И вдруг Саша понял, что не сможет оставаться здесь больше ни минуты. Он был благодарен этому району, этому дому, квартире и своей комнате за проведенное здесь детство. Он любил свою мать, никогда не желал ей такой смерти, да и вообще никакой смерти не желал и по идее должен был остаться рядом, но что-то ему мешало. Может, общество отца. Может, изменившаяся до неузнаваемости квартира, угнетающая и словно заламывающая руки, не дающая развернуться. Саша хорошо знал тетю Галю – хорошая женщина, потерявшая несколько лет назад супруга, и мама оставалась для нее единственным утешением в этой жизни, не считая детей, давным-давно разъехавшихся по другим городам.
Не сказав отцу больше ни слова, он вновь вернулся к матери. Присел рядом с кроватью, прикрыл глаза и произнес:
– Матушка… я… я просто не верю. Я до сих пор не верю в происходящее. Мне кажется, что такого просто не могло произойти, но в глубине души я понимаю, что самое страшное-то уже случилось, и ничего уже не вернуть. Но иная моя часть, что держится в сознании лишь на негативных эмоциях, отказывается принимать твою смерть. Может, мне все это лишь чудится? Может, я просто уснул на работе? Тогда почему все вокруг так реально? Матушка… ты всегда помогала мне добрым советом, воспитывала, кормила, учила, играла со мной. Я благодарю тебя за это. Но я не верю. Не верю…

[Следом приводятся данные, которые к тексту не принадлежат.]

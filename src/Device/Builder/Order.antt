-- ===== src/Device/Builder/Order.antt =====
-- The order of the checks and of the open in device/builder.rs.
use zoned.Base.{◌≡◌, refl, ap, sym, ◌∙◌, Bool, true, false, List, [], ◌∷◌, if◌then◌else◌}
use mathlib.Core.Bool.{◌||◌, or-false, or-true, or_assoc}
use zoned.Errors.{Io, Outcome, ok, err, panic, timeout, return, ◌>>◌, and_then, ZonedError}
use zoned.Device.{ZonedDevice}
use zoned.Device.Builder.{
  Validate, Opener, DeviceBuilder, open_in_mode, open_device, writable, direct_io, validate_all,
  validate_block_device, validate_not_mounted, validate_no_partitions, validate_is_zoned,
}

-- A check that is asked for has passed, between the worlds `w` and `w'`; one that is not has not run.
abbrev pub Passed : {W : Type 0} → Bool → Io W ZonedError (Unit {0}) → W → W → Type 0
Passed true check w w' = check w ≡ (ok tt, w')
Passed false check w w' = w' ≡ w

-- What has passed when a run of checks succeeded.
and_then-ok :
    {W A : Type 0} (flag : Bool) (check : Io W ZonedError (Unit {0})) (k : Io W ZonedError A)
    (w w' : W) (a : A)
    → ((if flag then check else return tt) >> k) w ≡ (ok a, w')
    → (w1 : W) × Passed flag check w w1 × (k w1 ≡ (ok a, w'))
and_then-ok false check k w w' a e = (w, refl, e)
and_then-ok {W = W} true check k w w' a e = passed (check w) refl e
  where
    passed :
        (r : Outcome ZonedError (Unit {0}) × W)
        → check w ≡ r
        → and_then r (λ _. k) ≡ (ok a, w')
        → (w1 : W) × (check w ≡ (ok tt, w1)) × (k w1 ≡ (ok a, w'))
    passed (ok u, w1) h e = (w1, h, e)
    passed (err x, w1) h e = absurd cc
    passed (panic, w1) h e = absurd cc
    passed (timeout, w1) h e = absurd cc

module _ {W : Type 0} (validate : Validate W) (opener : Opener W) (b : DeviceBuilder) where
  -- If the builder's open returns a device, then every check that was asked for has passed, one
  -- behind the other in the order block device, not mounted, no partitions, zoned; no other check
  -- has run; and behind them the device was opened in the mode of the builder.
  pub open_device-Passed :
      (w w' : W) (d : ZonedDevice W)
      → open_device validate opener b w ≡ (ok d, w')
      → (w1 : W) × (w2 : W) × (w3 : W) × (w4 : W) × Passed b.check_block_device
          (validate.is_block_device b.path)
          w
          w1
        × Passed b.check_not_mounted (validate.is_not_mounted b.path) w1 w2
        × Passed b.check_no_partitions (validate.has_no_partitions b.path) w2 w3
        × Passed b.check_is_zoned (validate.is_zoned_device b.path) w3 w4
        × (open_in_mode validate opener b w4 ≡ (ok d, w'))
  unfolding open_device
  open_device-Passed w w' d e =
      let (w1, p1, e1) = and_then-ok b.check_block_device _ _ w w' d e in
      let (w2, p2, e2) = and_then-ok b.check_not_mounted _ _ w1 w' d e1 in
      let (w3, p3, e3) = and_then-ok b.check_no_partitions _ _ w2 w' d e2 in
      let (w4, p4, e4) = and_then-ok b.check_is_zoned _ _ w3 w' d e3 in
      (w1, w2, w3, w4, p1, p2, p3, p4, e4)

-- The methods that set an option.
pub data Setting : Type 0 where
  sets_writable sets_direct_io : Setting
  asks_block_device asks_not_mounted asks_no_partitions asks_is_zoned asks_all : Setting

pub set : Setting → DeviceBuilder → DeviceBuilder
unfolding writable direct_io validate_block_device validate_not_mounted validate_no_partitions
    validate_is_zoned validate_all
set sets_writable b = writable b
set sets_direct_io b = direct_io b
set asks_block_device b = validate_block_device b
set asks_not_mounted b = validate_not_mounted b
set asks_no_partitions b = validate_no_partitions b
set asks_is_zoned b = validate_is_zoned b
set asks_all b = validate_all b

-- A chain of methods.
pub configure : List Setting → DeviceBuilder → DeviceBuilder
configure [] b = b
configure (s ∷ ss) b = configure ss (set s b)

abbrev pub is_any : (Setting → Bool) → List Setting → Bool
is_any p [] = false
is_any p (s ∷ ss) = p s || is_any p ss

-- Which methods set which option.
abbrev pub opens_writable : Setting → Bool
opens_writable sets_writable = true
opens_writable sets_direct_io = true
opens_writable _ = false

abbrev pub opens_direct : Setting → Bool
opens_direct sets_direct_io = true
opens_direct _ = false

abbrev pub block_device_asked : Setting → Bool
block_device_asked asks_block_device = true
block_device_asked asks_all = true
block_device_asked _ = false

abbrev pub not_mounted_asked : Setting → Bool
not_mounted_asked asks_not_mounted = true
not_mounted_asked asks_all = true
not_mounted_asked _ = false

abbrev pub no_partitions_asked : Setting → Bool
no_partitions_asked asks_no_partitions = true
no_partitions_asked asks_all = true
no_partitions_asked _ = false

abbrev pub is_zoned_asked : Setting → Bool
is_zoned_asked asks_is_zoned = true
is_zoned_asked asks_all = true
is_zoned_asked _ = false

-- An option that is set by the settings of `p`, through a chain of methods.
option-configure :
    (field : DeviceBuilder → Bool) (p : Setting → Bool)
    → ((s : Setting) (b : DeviceBuilder) → field (set s b) ≡ (field b || is_any p (s ∷ [])))
    → (ss : List Setting) (b : DeviceBuilder) → field (configure ss b) ≡ (field b || is_any p ss)
unfolding configure
option-configure field p h [] b = sym (or-false (field b))
option-configure field p h (s ∷ ss) b =
    option-configure field p h ss (set s b)
    ∙ ap (λ x. x || is_any p ss) (h s b ∙ ap (λ x. field b || x) (or-false (p s)))
    ∙ or_assoc (field b) (p s) (is_any p ss)

-- Each option of a builder is the old one or asked for by one of the settings.
abbrev pub Asks : DeviceBuilder → DeviceBuilder → List Setting → Type 0
Asks b' b ss =
    (b'.path ≡ b.path)
    × (b'.is_writable ≡ (b.is_writable || is_any opens_writable ss))
    × (b'.is_direct_io ≡ (b.is_direct_io || is_any opens_direct ss))
    × (b'.check_block_device ≡ (b.check_block_device || is_any block_device_asked ss))
    × (b'.check_not_mounted ≡ (b.check_not_mounted || is_any not_mounted_asked ss))
    × (b'.check_no_partitions ≡ (b.check_no_partitions || is_any no_partitions_asked ss))
    × (b'.check_is_zoned ≡ (b.check_is_zoned || is_any is_zoned_asked ss))

set-Asks : (s : Setting) (b : DeviceBuilder) → Asks (set s b) b (s ∷ [])
unfolding set
set-Asks sets_writable b = simp (or-false, or-true) (refl, refl, refl, refl, refl, refl, refl)
set-Asks sets_direct_io b = simp (or-false, or-true) (refl, refl, refl, refl, refl, refl, refl)
set-Asks asks_block_device b = simp (or-false, or-true) (refl, refl, refl, refl, refl, refl, refl)
set-Asks asks_not_mounted b = simp (or-false, or-true) (refl, refl, refl, refl, refl, refl, refl)
set-Asks asks_no_partitions b = simp (or-false, or-true) (refl, refl, refl, refl, refl, refl, refl)
set-Asks asks_is_zoned b = simp (or-false, or-true) (refl, refl, refl, refl, refl, refl, refl)
set-Asks asks_all b = simp (or-false, or-true) (refl, refl, refl, refl, refl, refl, refl)

-- The path survives any chain of methods, and each option of the builder after it is on if it was
-- on before or one of the methods sets it; so neither their order nor a repetition matters, and
-- `direct_io` implies writable.
pub configure-Asks : (ss : List Setting) (b : DeviceBuilder) → Asks (configure ss b) b ss
unfolding configure
configure-Asks ss b = (
  path_kept ss b,
  option-configure (λ b. b.is_writable) opens_writable (λ s b. (set-Asks s b).1) ss b,
  option-configure (λ b. b.is_direct_io) opens_direct (λ s b. (set-Asks s b).2) ss b,
  option-configure (λ b. b.check_block_device) block_device_asked (λ s b. (set-Asks s b).3) ss b,
  option-configure (λ b. b.check_not_mounted) not_mounted_asked (λ s b. (set-Asks s b).4) ss b,
  option-configure (λ b. b.check_no_partitions) no_partitions_asked (λ s b. (set-Asks s b).5) ss b,
  option-configure (λ b. b.check_is_zoned) is_zoned_asked (λ s b. (set-Asks s b).6) ss b,
)
  where
    path_kept : (ss : List Setting) (b : DeviceBuilder) → (configure ss b).path ≡ b.path
    path_kept [] b = refl
    path_kept (s ∷ ss) b = path_kept ss (set s b) ∙ (set-Asks s b).0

На этот раз Саша не проронил ни единой слезинки. Он понимал, что смотрит на мать в последний раз и что вскоре ее тело погрузят в холодную землю, и это будет означать тотальный конец. Разумеется, конец уже для нее наступил, но для Саши все еще шла финишная прямая. И он не хотел, очень не хотел приходить на финиш раньше времени. Но так было надо. Находиться здесь не имело никакого смысла, да и не было желания. В такой обстановке хотелось пустить себе пулю в лоб, да только пистолет под рукой, как назло, отсутствовал.
Саша в последний раз поцеловал мать в лоб, вышел в коридор, накинул на плечи пальто и ушел, не попрощавшись с отцом. «Пусть гниет здесь в одиночестве, – решил он. – Большего этот ублюдок не заслуживает».
Перед тем как добраться до вокзала и поменять обратный билет на ближайший поезд до Курска, он сперва зашел к тете Гале, сердечно поблагодарил за устроение похорон и пожалел, что у него нет с собой денег. Сколько было – все отдал бы тете Гале за то, что она, по сути, платит за похороны чужого для нее человека. Затем Саша заскочил в ближайшее отделение полиции и написал заявление об убийстве. Его продержали там почти до полуночи, после чего обещали вскоре вызвать и отпустили восвояси.